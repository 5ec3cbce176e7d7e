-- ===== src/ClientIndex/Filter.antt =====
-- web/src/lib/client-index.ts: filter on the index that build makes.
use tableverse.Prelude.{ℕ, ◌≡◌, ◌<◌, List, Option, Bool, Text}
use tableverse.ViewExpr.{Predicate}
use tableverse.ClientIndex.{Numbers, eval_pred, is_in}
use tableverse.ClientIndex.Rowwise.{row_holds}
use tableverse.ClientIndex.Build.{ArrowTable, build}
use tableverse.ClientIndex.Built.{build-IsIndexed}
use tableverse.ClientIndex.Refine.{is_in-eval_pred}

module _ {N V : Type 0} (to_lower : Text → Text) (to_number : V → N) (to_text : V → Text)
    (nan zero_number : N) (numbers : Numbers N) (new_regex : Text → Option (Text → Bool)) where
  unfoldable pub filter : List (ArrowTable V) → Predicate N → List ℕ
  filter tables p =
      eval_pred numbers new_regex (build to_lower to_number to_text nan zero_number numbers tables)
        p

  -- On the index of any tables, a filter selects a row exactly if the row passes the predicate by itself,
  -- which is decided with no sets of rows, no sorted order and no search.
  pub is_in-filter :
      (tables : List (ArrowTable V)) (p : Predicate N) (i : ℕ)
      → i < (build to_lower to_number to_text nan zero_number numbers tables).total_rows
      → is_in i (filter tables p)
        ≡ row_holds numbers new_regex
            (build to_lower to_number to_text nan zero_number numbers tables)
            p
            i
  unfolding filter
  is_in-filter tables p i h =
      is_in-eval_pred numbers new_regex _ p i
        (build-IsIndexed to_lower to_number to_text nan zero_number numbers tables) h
########
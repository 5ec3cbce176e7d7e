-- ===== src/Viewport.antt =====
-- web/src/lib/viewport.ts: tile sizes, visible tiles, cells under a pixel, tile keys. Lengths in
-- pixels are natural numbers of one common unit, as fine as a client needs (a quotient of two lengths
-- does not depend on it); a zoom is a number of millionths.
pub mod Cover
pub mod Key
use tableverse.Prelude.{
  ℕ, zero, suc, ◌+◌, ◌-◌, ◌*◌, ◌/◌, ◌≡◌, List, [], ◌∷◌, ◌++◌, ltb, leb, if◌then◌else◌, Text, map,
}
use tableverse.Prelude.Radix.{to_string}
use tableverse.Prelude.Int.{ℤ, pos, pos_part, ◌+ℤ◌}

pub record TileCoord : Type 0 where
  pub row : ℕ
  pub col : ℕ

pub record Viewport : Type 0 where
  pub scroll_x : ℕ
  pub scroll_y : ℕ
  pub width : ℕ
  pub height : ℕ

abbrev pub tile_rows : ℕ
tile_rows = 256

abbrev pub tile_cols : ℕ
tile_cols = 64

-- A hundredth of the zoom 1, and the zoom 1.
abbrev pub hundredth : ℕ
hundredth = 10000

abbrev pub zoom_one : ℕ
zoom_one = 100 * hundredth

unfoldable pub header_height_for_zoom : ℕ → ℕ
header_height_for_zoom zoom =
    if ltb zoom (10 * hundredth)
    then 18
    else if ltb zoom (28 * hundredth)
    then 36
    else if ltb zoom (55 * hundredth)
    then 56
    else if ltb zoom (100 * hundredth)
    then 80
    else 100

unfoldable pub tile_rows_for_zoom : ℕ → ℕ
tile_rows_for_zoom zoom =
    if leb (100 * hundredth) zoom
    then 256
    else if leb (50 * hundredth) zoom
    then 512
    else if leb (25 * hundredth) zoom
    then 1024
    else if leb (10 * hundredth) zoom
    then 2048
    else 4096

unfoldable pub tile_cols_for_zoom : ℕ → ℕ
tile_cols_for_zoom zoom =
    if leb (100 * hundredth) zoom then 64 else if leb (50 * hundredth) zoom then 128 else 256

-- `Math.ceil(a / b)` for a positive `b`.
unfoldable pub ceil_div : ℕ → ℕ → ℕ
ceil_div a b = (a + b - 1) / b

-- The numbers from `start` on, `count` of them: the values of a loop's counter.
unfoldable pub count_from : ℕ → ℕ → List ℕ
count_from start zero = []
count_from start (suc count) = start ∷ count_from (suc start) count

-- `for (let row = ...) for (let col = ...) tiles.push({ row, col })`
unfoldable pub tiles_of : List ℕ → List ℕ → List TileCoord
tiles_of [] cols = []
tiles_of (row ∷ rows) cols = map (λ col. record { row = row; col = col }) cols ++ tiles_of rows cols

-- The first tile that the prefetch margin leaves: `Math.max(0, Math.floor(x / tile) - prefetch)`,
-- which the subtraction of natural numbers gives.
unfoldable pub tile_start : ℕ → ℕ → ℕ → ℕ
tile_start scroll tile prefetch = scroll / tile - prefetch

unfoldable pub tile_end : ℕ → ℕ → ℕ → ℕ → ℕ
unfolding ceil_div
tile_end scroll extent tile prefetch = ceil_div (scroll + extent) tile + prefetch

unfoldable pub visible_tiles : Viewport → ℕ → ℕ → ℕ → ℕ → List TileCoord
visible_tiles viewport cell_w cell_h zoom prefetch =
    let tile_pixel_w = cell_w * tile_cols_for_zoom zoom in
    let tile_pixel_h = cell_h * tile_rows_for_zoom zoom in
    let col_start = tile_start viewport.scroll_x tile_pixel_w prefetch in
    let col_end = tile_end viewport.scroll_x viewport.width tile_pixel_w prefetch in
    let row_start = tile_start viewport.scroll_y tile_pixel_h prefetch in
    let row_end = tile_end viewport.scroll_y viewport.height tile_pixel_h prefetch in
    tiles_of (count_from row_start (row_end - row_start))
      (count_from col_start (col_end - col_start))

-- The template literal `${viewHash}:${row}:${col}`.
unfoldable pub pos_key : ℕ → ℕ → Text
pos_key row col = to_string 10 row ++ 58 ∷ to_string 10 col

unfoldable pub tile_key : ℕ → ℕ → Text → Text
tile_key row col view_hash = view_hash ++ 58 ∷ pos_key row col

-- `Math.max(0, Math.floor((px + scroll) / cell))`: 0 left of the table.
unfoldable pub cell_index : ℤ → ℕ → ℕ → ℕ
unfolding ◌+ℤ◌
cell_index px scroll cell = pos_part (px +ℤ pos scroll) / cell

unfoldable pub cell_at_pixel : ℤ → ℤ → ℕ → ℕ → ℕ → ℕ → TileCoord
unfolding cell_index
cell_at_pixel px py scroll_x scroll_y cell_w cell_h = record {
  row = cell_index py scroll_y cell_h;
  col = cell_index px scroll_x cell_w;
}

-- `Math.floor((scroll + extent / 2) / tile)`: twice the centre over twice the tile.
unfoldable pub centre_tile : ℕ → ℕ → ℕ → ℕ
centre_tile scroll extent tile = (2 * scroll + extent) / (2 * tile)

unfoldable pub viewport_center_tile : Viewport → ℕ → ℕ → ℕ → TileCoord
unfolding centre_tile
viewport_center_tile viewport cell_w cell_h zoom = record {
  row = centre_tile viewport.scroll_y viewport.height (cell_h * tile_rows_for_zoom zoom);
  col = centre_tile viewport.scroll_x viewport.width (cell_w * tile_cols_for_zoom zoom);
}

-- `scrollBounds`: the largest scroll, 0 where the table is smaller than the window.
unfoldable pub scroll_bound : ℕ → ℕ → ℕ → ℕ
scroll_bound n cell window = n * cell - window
########
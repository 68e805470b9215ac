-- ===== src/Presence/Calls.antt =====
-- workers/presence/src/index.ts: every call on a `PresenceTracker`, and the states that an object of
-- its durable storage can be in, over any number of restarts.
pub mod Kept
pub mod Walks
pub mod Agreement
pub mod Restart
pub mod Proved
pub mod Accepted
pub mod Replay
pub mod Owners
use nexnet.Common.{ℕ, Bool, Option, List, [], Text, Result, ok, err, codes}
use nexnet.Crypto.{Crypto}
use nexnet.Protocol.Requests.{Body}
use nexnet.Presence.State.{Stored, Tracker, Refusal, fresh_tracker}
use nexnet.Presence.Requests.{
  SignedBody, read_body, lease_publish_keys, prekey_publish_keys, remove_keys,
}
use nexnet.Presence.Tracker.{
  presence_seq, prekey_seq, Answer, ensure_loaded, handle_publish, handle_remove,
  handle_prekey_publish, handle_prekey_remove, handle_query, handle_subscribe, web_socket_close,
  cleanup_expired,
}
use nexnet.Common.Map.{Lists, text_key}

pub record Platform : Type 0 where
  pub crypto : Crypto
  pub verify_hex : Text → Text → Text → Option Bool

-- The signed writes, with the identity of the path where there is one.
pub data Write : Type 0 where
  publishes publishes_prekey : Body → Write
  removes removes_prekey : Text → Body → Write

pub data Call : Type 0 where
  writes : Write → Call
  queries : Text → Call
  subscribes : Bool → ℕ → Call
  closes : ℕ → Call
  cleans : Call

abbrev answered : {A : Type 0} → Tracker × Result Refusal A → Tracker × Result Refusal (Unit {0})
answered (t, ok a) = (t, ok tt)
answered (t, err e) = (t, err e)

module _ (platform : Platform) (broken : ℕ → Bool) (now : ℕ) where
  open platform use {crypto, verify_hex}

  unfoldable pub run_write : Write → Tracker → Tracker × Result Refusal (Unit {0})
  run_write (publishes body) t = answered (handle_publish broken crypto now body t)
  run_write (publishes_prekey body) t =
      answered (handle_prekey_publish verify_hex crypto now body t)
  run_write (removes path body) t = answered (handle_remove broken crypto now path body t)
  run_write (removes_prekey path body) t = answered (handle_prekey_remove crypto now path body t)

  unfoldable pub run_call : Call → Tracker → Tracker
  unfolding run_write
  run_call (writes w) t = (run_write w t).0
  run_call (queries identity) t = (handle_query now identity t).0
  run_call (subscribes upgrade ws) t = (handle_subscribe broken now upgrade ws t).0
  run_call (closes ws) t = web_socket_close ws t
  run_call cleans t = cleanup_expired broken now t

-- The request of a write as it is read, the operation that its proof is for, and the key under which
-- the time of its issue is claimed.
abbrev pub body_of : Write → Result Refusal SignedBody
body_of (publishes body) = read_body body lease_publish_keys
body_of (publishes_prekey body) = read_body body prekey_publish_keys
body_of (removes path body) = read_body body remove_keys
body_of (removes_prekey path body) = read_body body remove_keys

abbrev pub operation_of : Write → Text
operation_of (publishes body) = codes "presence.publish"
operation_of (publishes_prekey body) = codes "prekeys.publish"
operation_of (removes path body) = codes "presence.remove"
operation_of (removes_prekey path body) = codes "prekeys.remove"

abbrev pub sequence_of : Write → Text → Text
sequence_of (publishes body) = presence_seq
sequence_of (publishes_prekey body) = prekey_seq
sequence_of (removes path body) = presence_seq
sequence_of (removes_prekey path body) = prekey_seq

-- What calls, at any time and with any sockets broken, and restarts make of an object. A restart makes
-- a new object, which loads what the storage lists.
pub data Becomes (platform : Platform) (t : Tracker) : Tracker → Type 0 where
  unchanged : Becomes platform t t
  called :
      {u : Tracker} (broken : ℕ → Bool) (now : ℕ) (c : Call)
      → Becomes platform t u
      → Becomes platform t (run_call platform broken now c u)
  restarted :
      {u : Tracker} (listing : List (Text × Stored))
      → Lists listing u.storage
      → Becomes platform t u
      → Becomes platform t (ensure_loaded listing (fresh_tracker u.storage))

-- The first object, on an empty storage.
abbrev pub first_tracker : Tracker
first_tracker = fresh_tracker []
########
Work task: In the data above, find the line with "unfoldable pub cell_index : ℤ → ℕ → ℕ → ℕ" and the line with "scroll_bound n cell". Retype both, plus every line between them, exactly.

Exercise answer:
unfoldable pub cell_index : ℤ → ℕ → ℕ → ℕ
unfolding ◌+ℤ◌
cell_index px scroll cell = pos_part (px +ℤ pos scroll) / cell

unfoldable pub cell_at_pixel : ℤ → ℤ → ℕ → ℕ → ℕ → ℕ → TileCoord
unfolding cell_index
cell_at_pixel px py scroll_x scroll_y cell_w cell_h = record {
  row = cell_index py scroll_y cell_h;
  col = cell_index px scroll_x cell_w;
}

-- `Math.floor((scroll + extent / 2) / tile)`: twice the centre over twice the tile.
unfoldable pub centre_tile : ℕ → ℕ → ℕ → ℕ
centre_tile scroll extent tile = (2 * scroll + extent) / (2 * tile)

unfoldable pub viewport_center_tile : Viewport → ℕ → ℕ → ℕ → TileCoord
unfolding centre_tile
viewport_center_tile viewport cell_w cell_h zoom = record {
  row = centre_tile viewport.scroll_y viewport.height (cell_h * tile_rows_for_zoom zoom);
  col = centre_tile viewport.scroll_x viewport.width (cell_w * tile_cols_for_zoom zoom);
}

-- `scrollBounds`: the largest scroll, 0 where the table is smaller than the window.
unfoldable pub scroll_bound : ℕ → ℕ → ℕ → ℕ
scroll_bound n cell window = n * cell - window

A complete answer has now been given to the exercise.